基本上，是的，Python 确实区分了它们，但是在 Python 中，通常将方法视为函数的子集。方法与类或实例相关联，而“独立函数”则不是。作为方法的东西也是一个函数，但可以有不是方法的函数。

As Jon Clements mentioned in his comment, though, the distinction is not so ironclad as in C++. Standalone functions can be "converted" into methods at runtime, and methods can be assigned to variables in such a way that they effectively behave no differently than standalone functions. So the boundary between methods and functions is permeable.

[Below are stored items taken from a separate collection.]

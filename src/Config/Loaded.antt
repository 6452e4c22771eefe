-- ===== src/Config/Loaded.antt =====
-- What a configuration that Load returns guarantees.
use miakapp_server.Prelude.{
  ℕ, ◌≡◌, refl, sym, ap, subst, ◌∙◌, ◌⊎◌, inl, inr, none, List, [], ◌∷◌, ◌++◌, arith, Option-cases,
  nat_eq, All,
}
use miakapp_server.GoMap.{Set}
use miakapp_server.Text.{Text, codes}
use miakapp_server.Config.{
  Config, default_config, UrlLibrary, ConfigError, OriginsResult, origins, invalid_origins,
  parse_origins, validate,
}
use miakapp_server.Config.Bounds.{IsBounded, validate-IsBounded}
use miakapp_server.Config.Load.{
  Environment, LoadError, Loading, loaded, refused, getenv, environment, assign, Setting,
  duration_settings, limit_settings, run_settings, initial, finish_load, load,
}

Loading-cases :
    {A : Type 0} (l : Loading A) → ((e : LoadError) × (l ≡ refused e)) ⊎ ((a : A) × (l ≡ loaded a))
Loading-cases (loaded a) = inr (a, refl)
Loading-cases (refused e) = inl (e, refl)

-- A configuration has the address and the origins of another.
abbrev SameEntry : Config → Config → Type 0
SameEntry c d = (d.listen_address ≡ c.listen_address) × (d.allowed_origins ≡ c.allowed_origins)

-- A setting leaves the address and the origins alone.
abbrev Keeps : Setting → Type 0
Keeps setting = (c d : Config) → setting c ≡ loaded d → SameEntry c d

run_settings-Keeps :
    (settings : List Setting) (c d : Config)
    → All Keeps settings
    → run_settings settings c ≡ loaded d
    → SameEntry c d
unfolding run_settings
run_settings-Keeps [] c d k h =
    let same : c ≡ d = ground (arith, h) in subst (SameEntry c) same (refl, refl)
run_settings-Keeps (setting ∷ settings) c d k h = elim (Loading-cases (setting c)) [
  | inl (e, f) ↦ absurd (ground (arith, f, h))
  | inr (next, f) ↦
      let first = k.0 c next f in
      let rest = run_settings-Keeps settings next d k.1 (ground (arith, f, h)) in
      (rest.0 ∙ first.0, rest.1 ∙ first.1)
]

assign-Keeps :
    (l : Loading ℕ) (c d : Config) (set : ℕ → Config)
    → ((n : ℕ) → SameEntry c (set n))
    → assign l set ≡ loaded d
    → SameEntry c d
unfolding assign
assign-Keeps (loaded n) c d set s h =
    let same : set n ≡ d = ground (arith, h) in subst (SameEntry c) same (s n)
assign-Keeps (refused e) c d set s h = absurd (ground (arith, h))

duration_settings_keep : (env : Environment) → All Keeps (duration_settings env)
unfolding duration_settings
duration_settings_keep env = (
  (λ c d. assign-Keeps _ c d _ (λ n. (refl, refl))),
  (
    (λ c d. assign-Keeps _ c d _ (λ n. (refl, refl))),
    (
      (λ c d. assign-Keeps _ c d _ (λ n. (refl, refl))),
      (
        (λ c d. assign-Keeps _ c d _ (λ n. (refl, refl))),
        (
          (λ c d. assign-Keeps _ c d _ (λ n. (refl, refl))),
          (
            (λ c d. assign-Keeps _ c d _ (λ n. (refl, refl))),
            ((λ c d. assign-Keeps _ c d _ (λ n. (refl, refl))), tt),
          ),
        ),
      ),
    ),
  ),
)

limit_settings_keep : (env : Environment) (m : ℕ) → All Keeps (limit_settings env m)
unfolding limit_settings
limit_settings_keep env m = (
  (λ c d. assign-Keeps _ c d _ (λ n. (refl, refl))),
  (
    (λ c d. assign-Keeps _ c d _ (λ n. (refl, refl))),
    (
      (λ c d. assign-Keeps _ c d _ (λ n. (refl, refl))),
      (
        (λ c d. assign-Keeps _ c d _ (λ n. (refl, refl))),
        (
          (λ c d. assign-Keeps _ c d _ (λ n. (refl, refl))),
          (
            (λ c d. assign-Keeps _ c d _ (λ n. (refl, refl))),
            ((λ c d. assign-Keeps _ c d _ (λ n. (refl, refl))), tt),
          ),
        ),
      ),
    ),
  ),
)

All-append : (xs ys : List Setting) → All Keeps xs → All Keeps ys → All Keeps (xs ++ ys)
All-append [] ys a b = b
All-append (x ∷ xs) ys a b = (a.0, All-append xs ys a.1 b)

finish_load_same :
    (url : UrlLibrary) (m : ℕ) (c d : Config)
    → finish_load url m c ≡ loaded d
    → (c ≡ d) × (validate url m c ≡ none)
unfolding finish_load
finish_load_same url m c d h = elim (Option-cases (validate url m c)) [
  | inl e ↦ (ground (arith, e, h), e)
  | inr (failure, e) ↦ absurd (ground (arith, e, h))
]

-- What Load promises of the configuration that it returns.
abbrev pub IsLoaded : Environment → UrlLibrary → ℕ → Config → Type 0
IsLoaded env url m c =
    IsBounded m c
    × (c.listen_address
        ≡ environment env (codes "MIAKAPP_LISTEN_ADDRESS") default_config.listen_address)
    × (parse_origins url (getenv env (codes "MIAKAPP_ALLOWED_ORIGINS")) ≡ origins c.allowed_origins)

Origins-cases :
    (o : OriginsResult)
    → ((e : ConfigError) × (o ≡ invalid_origins e)) ⊎ ((found : Set Text) × (o ≡ origins found))
Origins-cases (invalid_origins e) = inl (e, refl)
Origins-cases (origins found) = inr (found, refl)

-- A configuration that is loaded has every duration and every limit in its range, listens where the
-- environment says, or on the default address, and allows exactly the origins that the environment
-- lists.
pub load-IsBounded :
    (env : Environment) (url : UrlLibrary) (m : ℕ) (c : Config)
    → load env url m ≡ loaded c
    → IsLoaded env url m c
unfolding load initial
load-IsBounded env url m c h =
    elim (Origins-cases (parse_origins url (getenv env (codes "MIAKAPP_ALLOWED_ORIGINS")))) [
      | inl (e, f) ↦ absurd (ground (arith, f, h))
      | inr (found, f) ↦
          let settings = duration_settings env ++ limit_settings env m in
          elim (Loading-cases (run_settings settings (initial env found))) [
            | inl (e, g) ↦ absurd (ground (arith, f, g, h))
            | inr (d, g) ↦
                let (same, valid) = finish_load_same url m d c (ground (arith, f, g, h)) in
                let kept =
                  run_settings-Keeps settings (initial env found) d
                    (All-append (duration_settings env) (limit_settings env m)
                      (duration_settings_keep env) (limit_settings_keep env m))
                    g in
                subst (IsLoaded env url m) same
                  (validate-IsBounded url m d valid, kept.0, f ∙ ap origins (sym kept.1))
          ]
    ]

然而，正如 Jon Clements 在他的评论中提到的，这种区别并不像在 C++ 中那么铁定。独立函数可以在运行时“转换”为方法，并且方法可以以这样一种方式分配给变量，即它们的有效行为与独立函数没有区别。所以方法和函数之间的界限是可以渗透的。

If you still don't understand how methods work, a look at the implementation can perhaps clarify matters. When an instance attribute is referenced that isn't a data attribute, its class is searched. If the name denotes a valid class attribute that is a function object, a method object is created by packing (pointers to) the instance object and the function object just found together in an abstract object: this is the method object. When the method object is called with an argument list, a new argument list is constructed from the instance object and the argument list, and the function object is called with this new argument list.

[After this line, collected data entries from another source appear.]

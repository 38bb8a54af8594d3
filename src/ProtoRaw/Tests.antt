-- ===== src/ProtoRaw/Tests.antt =====
-- Runs of src/shared/protoRaw.ts.
use tapline.ProtoRaw.Messages.{
  Decoder, number, words, nested, repeated, and, last, field, empty, push_value, add_field,
  printable, bytes_value, value_of, field_at, decode_from, decode_raw,
}
use tapline.Base.{text, ◌≡◌, refl, true, none, some, List, [], ◌∷◌, ◌++◌, arith}
use tapline.ProtoRaw.{GrpcFrame, split_frames, varint, varint_from, take_bytes}
use tapline.ProtoRaw.Frames.{write_frames, split_frames-write_frames}

abbrev two_frames : List GrpcFrame
two_frames = record { flags = 0; bytes = 7 ∷ 8 ∷ [] } ∷ record { flags = 1; bytes = [] } ∷ []

split_frames-write_frames_example :
    split_frames (write_frames two_frames ++ 0 ∷ 0 ∷ [])
    ≡ record { frames = two_frames; incomplete = true }
split_frames-write_frames_example =
    split_frames-write_frames two_frames (0 ∷ 0 ∷ []) (omega arith, (omega arith, tt)) (omega arith)

varint_runs : varint (0xac ∷ 0x02 ∷ 9 ∷ []) ≡ some (300, 9 ∷ [])
unfolding varint varint_from
varint_runs = refl

varint_truncated : varint (0xac ∷ []) ≡ none
unfolding varint varint_from
varint_truncated = refl

abbrev ascii : Decoder
ascii = record { utf8 = λ bytes. some bytes; base64 = λ bytes. bytes }

-- A number, a text, a repeated field, and a message within the message.
decodes :
    decode_raw ascii (8 ∷ 150 ∷ 1 ∷ 18 ∷ 1 ∷ 65 ∷ 8 ∷ 7 ∷ 26 ∷ 2 ∷ 8 ∷ 1 ∷ [])
    ≡ some (
        field 1
          (repeated (and (number 150) (last (number 7))))
          (field 2 (words (text "A")) (field 3 (nested (field 1 (number 1) empty)) empty)))
unfolding decode_raw decode_from field_at value_of bytes_value printable add_field push_value varint
    varint_from take_bytes text
decodes = refl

http://docs.python.org/2/tutorial/classes.html#method-objects

如果您仍然不了解方法的工作原理，那么查看实现也许可以澄清问题。当引用的实例属性不是数据属性时，将搜索其类。如果名称表示作为函数对象的有效类属性，则通过打包（指向）实例对象和刚刚在抽象对象中一起找到的函数对象来创建方法对象：这就是方法对象。当使用参数列表调用方法对象时，会根据实例对象和参数列表构造一个新的参数列表，并使用这个新的参数列表调用函数对象。

http://docs.python.org/2/tutorial/classes.html#method-objects

Read carefully this excerpt.

仔细阅读这段摘录。

It means :

它的意思是 ：

1) An instance doesn't really hold an object being a method that would be its attribute.
In fact, there is not at all a "method" attribute in the __dict__of an instance (__dict__is the namespace of an object)

1) 一个实例并没有真正将一个对象作为一个方法，作为它的属性。
实际上，__dict__实例的(__dict__是对象的命名空间) 中根本没有“方法”属性

2) The fact that an instance seems to have a "method" when a "method" attribute is called, is due to a process, not the presence of a method object inside the namespace of an instance

2) 当一个“方法”属性被调用时，一个实例似乎有一个“方法”的事实是由于一个过程，而不是一个实例的命名空间内的方法对象的存在

3) Also, there doesn't really exist a method object in the namespace of a class.

3）此外，在类的命名空间中并不真正存在方法对象。

But there's a difference with an instance, because there must be somewhere something that leads to a real method object when such a call is done, must not ?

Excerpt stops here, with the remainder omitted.